**Given data:**
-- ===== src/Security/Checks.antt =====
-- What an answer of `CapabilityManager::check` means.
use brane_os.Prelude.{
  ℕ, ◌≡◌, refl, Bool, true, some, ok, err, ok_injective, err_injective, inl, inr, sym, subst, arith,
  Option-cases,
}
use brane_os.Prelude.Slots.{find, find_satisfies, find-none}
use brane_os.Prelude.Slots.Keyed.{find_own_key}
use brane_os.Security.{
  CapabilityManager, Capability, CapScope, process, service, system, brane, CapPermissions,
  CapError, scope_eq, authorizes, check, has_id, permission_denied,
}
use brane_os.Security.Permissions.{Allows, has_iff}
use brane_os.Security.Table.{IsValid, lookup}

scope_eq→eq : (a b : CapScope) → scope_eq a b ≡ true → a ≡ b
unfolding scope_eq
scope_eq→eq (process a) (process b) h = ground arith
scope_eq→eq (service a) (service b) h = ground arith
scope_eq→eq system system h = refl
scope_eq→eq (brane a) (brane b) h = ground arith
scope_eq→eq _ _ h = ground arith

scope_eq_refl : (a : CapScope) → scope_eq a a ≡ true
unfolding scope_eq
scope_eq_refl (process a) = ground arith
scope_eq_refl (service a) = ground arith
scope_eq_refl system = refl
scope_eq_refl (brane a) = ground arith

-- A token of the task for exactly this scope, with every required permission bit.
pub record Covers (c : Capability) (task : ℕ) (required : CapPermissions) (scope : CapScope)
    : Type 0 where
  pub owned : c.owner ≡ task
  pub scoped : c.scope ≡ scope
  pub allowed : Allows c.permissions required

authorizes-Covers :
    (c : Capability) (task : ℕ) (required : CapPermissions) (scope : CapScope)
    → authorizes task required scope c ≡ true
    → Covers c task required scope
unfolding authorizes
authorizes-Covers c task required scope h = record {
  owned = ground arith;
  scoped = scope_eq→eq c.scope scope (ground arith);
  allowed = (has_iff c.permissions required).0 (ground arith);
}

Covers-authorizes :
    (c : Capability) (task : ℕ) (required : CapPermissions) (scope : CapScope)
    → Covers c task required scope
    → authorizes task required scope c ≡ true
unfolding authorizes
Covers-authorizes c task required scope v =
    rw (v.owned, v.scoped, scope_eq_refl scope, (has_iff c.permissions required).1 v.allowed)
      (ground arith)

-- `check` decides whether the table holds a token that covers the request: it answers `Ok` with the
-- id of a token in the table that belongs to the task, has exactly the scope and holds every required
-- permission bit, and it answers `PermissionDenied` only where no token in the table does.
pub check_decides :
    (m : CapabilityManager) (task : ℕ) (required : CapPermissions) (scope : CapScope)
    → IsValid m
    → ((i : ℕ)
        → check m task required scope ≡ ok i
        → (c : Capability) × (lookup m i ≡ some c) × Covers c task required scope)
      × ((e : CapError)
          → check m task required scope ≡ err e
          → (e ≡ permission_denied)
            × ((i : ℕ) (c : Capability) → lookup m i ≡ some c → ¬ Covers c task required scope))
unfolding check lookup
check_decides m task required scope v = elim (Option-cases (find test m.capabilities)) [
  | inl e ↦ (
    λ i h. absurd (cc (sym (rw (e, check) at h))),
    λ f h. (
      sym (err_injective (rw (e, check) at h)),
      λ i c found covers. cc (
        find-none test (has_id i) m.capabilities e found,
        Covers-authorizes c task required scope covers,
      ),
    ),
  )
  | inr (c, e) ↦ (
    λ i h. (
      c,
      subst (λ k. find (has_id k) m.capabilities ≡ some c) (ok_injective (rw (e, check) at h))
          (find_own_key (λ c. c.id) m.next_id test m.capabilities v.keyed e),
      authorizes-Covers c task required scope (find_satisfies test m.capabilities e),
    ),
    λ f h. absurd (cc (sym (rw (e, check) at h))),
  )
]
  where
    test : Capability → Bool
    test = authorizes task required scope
--
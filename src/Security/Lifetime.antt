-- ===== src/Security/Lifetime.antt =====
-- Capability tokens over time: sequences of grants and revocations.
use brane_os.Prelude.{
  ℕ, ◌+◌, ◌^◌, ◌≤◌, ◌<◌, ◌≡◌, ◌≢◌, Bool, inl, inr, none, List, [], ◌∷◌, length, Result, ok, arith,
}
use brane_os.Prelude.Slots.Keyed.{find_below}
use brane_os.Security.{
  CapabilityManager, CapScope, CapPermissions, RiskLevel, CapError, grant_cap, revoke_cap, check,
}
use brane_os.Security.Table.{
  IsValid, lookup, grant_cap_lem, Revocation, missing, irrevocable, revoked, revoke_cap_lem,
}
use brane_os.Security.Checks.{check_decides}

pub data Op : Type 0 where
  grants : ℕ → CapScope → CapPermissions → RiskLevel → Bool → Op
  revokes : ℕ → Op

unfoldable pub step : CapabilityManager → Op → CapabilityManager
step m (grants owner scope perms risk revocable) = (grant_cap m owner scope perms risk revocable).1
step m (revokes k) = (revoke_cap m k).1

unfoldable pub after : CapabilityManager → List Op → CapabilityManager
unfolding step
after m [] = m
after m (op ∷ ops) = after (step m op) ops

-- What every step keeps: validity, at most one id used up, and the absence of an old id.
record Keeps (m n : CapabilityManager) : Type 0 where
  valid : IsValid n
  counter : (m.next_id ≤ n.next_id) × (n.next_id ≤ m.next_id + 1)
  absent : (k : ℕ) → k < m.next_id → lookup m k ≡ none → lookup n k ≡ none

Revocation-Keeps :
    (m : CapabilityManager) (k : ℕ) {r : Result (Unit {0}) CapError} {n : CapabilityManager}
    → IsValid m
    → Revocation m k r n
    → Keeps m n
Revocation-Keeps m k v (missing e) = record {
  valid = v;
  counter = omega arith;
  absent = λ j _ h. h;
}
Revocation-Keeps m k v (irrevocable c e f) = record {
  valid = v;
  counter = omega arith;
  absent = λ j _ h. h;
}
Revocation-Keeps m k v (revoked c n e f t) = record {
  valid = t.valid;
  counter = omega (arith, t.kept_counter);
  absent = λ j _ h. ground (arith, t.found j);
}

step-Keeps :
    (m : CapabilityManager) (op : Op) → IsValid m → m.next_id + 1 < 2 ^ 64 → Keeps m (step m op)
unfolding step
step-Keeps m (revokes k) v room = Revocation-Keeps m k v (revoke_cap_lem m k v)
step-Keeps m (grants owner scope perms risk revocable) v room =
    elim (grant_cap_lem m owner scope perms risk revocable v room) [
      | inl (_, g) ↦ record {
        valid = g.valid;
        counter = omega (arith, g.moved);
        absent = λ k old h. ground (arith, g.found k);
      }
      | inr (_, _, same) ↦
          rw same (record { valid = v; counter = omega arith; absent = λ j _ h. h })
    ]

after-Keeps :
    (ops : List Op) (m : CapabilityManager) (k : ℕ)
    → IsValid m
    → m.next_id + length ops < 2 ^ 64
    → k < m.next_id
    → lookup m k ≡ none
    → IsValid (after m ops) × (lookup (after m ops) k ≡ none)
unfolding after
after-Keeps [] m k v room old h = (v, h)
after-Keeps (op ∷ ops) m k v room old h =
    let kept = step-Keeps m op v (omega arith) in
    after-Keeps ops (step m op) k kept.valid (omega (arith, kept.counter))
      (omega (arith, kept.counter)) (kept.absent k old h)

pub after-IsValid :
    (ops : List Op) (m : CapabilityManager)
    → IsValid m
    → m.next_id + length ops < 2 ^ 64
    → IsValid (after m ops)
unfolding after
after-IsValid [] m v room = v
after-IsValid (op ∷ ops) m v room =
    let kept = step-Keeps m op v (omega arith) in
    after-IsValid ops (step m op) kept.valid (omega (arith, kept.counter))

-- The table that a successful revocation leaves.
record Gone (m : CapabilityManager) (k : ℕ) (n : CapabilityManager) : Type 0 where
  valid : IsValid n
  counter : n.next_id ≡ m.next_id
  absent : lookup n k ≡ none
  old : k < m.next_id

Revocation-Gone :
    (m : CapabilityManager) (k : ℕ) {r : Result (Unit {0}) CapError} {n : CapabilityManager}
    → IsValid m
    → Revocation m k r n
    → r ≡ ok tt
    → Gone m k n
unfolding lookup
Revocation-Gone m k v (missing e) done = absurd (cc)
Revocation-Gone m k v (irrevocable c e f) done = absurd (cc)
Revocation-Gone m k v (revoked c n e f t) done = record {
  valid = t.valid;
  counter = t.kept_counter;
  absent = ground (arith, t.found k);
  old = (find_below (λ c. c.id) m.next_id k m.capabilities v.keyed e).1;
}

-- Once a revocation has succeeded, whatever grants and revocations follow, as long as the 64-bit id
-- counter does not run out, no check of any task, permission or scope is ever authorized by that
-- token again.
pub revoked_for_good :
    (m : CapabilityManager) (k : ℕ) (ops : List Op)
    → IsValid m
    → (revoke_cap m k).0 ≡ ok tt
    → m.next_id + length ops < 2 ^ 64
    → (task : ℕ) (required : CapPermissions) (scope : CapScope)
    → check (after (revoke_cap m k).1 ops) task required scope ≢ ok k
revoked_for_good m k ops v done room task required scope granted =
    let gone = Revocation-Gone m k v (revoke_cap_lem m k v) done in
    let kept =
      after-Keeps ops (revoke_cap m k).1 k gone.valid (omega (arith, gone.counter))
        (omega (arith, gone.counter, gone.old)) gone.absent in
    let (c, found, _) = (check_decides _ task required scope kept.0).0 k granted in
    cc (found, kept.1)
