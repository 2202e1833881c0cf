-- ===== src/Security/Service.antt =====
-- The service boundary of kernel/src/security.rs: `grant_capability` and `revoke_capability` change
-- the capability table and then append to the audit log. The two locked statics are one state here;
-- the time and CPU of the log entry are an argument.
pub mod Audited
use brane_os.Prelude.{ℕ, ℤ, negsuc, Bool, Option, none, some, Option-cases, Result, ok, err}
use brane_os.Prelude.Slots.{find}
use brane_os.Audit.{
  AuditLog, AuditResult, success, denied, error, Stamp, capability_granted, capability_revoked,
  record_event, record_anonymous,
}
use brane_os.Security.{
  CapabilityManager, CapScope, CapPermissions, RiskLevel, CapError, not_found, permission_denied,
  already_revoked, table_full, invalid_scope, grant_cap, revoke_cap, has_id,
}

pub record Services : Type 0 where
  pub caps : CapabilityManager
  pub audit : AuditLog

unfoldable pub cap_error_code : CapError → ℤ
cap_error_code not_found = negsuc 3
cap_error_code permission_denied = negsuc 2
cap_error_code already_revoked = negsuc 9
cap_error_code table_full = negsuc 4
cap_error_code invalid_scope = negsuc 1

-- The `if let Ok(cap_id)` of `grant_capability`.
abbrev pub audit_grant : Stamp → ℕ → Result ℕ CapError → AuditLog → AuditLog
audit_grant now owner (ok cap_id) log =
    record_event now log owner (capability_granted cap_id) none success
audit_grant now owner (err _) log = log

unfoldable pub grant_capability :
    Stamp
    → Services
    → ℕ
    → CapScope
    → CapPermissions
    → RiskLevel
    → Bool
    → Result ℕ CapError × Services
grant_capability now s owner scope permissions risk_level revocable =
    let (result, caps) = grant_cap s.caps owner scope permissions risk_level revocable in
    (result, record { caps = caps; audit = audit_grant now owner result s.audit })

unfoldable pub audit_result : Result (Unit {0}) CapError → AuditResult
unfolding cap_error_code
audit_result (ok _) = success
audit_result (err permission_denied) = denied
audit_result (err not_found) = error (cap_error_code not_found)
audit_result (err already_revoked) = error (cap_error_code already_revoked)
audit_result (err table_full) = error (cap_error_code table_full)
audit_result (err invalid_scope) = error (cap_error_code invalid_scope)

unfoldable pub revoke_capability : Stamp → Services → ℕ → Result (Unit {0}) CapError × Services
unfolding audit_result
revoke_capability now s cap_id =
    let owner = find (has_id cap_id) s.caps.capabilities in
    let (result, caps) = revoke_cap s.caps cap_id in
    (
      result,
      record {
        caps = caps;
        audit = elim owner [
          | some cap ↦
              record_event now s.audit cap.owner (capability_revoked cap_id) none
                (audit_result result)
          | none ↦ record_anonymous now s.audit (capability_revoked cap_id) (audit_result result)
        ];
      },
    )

**Task details:** Return a word-for-word copy of the lines above from the one holding "authorizes-Covers c task required scope (find_satisfies" through the one holding "test = authorizes task required scope", with both of them included and nothing besides.

**Exercise result:**
      authorizes-Covers c task required scope (find_satisfies test m.capabilities e),
    ),
    λ f h. absurd (cc (sym (rw (e, check) at h))),
  )
]
  where
    test : Capability → Bool
    test = authorizes task required scope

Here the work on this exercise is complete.